YOUR OBJECTIVE: Below are the records. Reproduce the line that contains "removed r ≡ r.0))" and every line after it to the end, exactly and alone.

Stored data
══════════

-- ===== src/Services/Connman/Changes.antt =====
-- What a change of the services leaves.
use sdbus_cpp_examples.Prelude.{
  ◌≡◌, ◌⊎◌, inl, inr, refl, Bool, true, false, ◌||◌, List, if◌then◌else◌, arith,
}
use sdbus_cpp_examples.Prelude.Text.{Text}
use sdbus_cpp_examples.Prelude.Map.{has_key, text_key}
use sdbus_cpp_examples.Services.Objects.{
  Objects, names, add_objects, remove_objects-has_key, add_objects-has_key,
}
use sdbus_cpp_examples.Services.Connman.{Client, then_remove, on_services_changed}

-- If no constructor throws, a service is known after a change if it is among the changed ones or was
-- known, and is not among the removed ones. If one throws, none of the removed ones is removed.
pub on_services_changed-has_key :
    (makes : Text → Bool) (changed removed : List Text) (c : Client)
    → (((add_objects makes changed c.services).1 ≡ true)
        × ((p : Text)
            → has_key p (on_services_changed makes changed removed c).services
              ≡ (if names p removed then false else names p changed || has_key p c.services)))
      ⊎ (((add_objects makes changed c.services).1 ≡ false)
          × ((on_services_changed makes changed removed c).services
              ≡ (add_objects makes changed c.services).0))
unfolding on_services_changed then_remove
on_services_changed-has_key makes changed removed c =
    cases (add_objects makes changed c.services)
      (λ p. add_objects-has_key makes changed c.services p)
  where
    cases :
        (r : Objects × Bool)
        → ((p : Text) → r.1 ≡ true → has_key p r.0 ≡ (names p changed || has_key p c.services))
        → ((r.1 ≡ true)
            × ((p : Text)
                → has_key p (then_remove removed r)
                  ≡ (if names p removed then false else names p changed || has_key p c.services)))
          ⊎ ((r.1 ≡ false) × (then_remove removed r ≡ r.0))
    cases (m, true) h =
        inl (refl, λ p. ground (arith, remove_objects-has_key removed m p, h p refl))
    cases (m, false) h = inr (refl, refl)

══════════

TASK OUTPUT:
          ⊎ ((r.1 ≡ false) × (then_remove removed r ≡ r.0))
    cases (m, true) h =
        inl (refl, λ p. ground (arith, remove_objects-has_key removed m p, h p refl))
    cases (m, false) h = inr (refl, refl)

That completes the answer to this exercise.